### [What the task asks]
I need the lines below from the one with "single_primary = codes" down to the one with "pub group_replication_bootstrapped : Bool" reproduced exactly, both ends included, and nothing else.

### [Collected data]
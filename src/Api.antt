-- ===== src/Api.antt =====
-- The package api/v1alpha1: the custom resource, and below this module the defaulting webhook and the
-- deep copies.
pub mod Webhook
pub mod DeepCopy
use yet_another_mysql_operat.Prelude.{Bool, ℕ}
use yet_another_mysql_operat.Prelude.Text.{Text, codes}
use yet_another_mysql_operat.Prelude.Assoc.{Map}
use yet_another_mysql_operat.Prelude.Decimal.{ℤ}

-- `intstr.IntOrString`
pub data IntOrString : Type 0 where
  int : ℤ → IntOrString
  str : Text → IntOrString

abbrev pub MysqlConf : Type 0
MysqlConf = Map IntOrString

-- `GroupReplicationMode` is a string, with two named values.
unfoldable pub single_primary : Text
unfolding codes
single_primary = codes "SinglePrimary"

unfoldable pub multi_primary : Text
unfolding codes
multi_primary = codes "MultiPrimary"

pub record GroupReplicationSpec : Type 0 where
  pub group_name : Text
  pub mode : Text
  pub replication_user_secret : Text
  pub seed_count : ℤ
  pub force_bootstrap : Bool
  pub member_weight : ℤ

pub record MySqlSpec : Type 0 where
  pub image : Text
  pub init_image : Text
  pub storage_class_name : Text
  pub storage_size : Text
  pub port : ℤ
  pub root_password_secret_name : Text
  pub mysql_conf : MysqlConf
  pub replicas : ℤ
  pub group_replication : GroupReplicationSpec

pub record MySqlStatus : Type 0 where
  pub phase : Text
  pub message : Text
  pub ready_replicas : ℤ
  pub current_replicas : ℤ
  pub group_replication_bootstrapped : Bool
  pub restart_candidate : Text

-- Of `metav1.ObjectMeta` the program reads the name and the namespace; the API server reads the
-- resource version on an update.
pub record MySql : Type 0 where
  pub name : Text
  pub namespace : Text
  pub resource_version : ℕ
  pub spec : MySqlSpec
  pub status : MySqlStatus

* * *

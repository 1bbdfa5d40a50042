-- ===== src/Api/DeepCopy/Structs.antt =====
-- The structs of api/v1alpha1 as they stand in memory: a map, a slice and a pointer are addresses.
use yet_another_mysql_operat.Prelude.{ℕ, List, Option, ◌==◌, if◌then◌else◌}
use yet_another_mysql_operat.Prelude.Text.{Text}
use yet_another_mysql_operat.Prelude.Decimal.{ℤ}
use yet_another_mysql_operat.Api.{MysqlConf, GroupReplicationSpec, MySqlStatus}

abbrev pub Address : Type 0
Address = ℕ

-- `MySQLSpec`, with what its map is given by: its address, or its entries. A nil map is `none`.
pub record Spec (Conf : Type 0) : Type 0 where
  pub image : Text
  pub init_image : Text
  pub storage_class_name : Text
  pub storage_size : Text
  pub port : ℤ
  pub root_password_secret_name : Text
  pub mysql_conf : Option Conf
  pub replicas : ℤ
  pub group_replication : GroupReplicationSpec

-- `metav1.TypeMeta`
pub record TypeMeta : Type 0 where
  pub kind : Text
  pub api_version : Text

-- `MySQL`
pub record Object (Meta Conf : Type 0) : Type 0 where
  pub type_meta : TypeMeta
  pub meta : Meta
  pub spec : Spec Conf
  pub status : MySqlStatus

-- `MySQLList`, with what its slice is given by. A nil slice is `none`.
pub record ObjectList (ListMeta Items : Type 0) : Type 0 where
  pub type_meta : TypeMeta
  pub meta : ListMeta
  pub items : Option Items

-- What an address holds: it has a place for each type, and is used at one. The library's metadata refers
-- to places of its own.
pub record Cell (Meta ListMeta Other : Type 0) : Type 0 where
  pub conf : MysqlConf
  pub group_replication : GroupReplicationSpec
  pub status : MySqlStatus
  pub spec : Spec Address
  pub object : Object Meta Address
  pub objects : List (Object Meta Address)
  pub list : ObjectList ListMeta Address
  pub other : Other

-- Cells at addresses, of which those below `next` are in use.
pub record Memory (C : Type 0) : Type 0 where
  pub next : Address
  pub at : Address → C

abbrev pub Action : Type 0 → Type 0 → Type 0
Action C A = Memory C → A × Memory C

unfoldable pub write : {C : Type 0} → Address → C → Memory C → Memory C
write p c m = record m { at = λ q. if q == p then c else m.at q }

### [Expected output]
single_primary = codes "SinglePrimary"

unfoldable pub multi_primary : Text
unfolding codes
multi_primary = codes "MultiPrimary"

pub record GroupReplicationSpec : Type 0 where
  pub group_name : Text
  pub mode : Text
  pub replication_user_secret : Text
  pub seed_count : ℤ
  pub force_bootstrap : Bool
  pub member_weight : ℤ

pub record MySqlSpec : Type 0 where
  pub image : Text
  pub init_image : Text
  pub storage_class_name : Text
  pub storage_size : Text
  pub port : ℤ
  pub root_password_secret_name : Text
  pub mysql_conf : MysqlConf
  pub replicas : ℤ
  pub group_replication : GroupReplicationSpec

pub record MySqlStatus : Type 0 where
  pub phase : Text
  pub message : Text
  pub ready_replicas : ℤ
  pub current_replicas : ℤ
  pub group_replication_bootstrapped : Bool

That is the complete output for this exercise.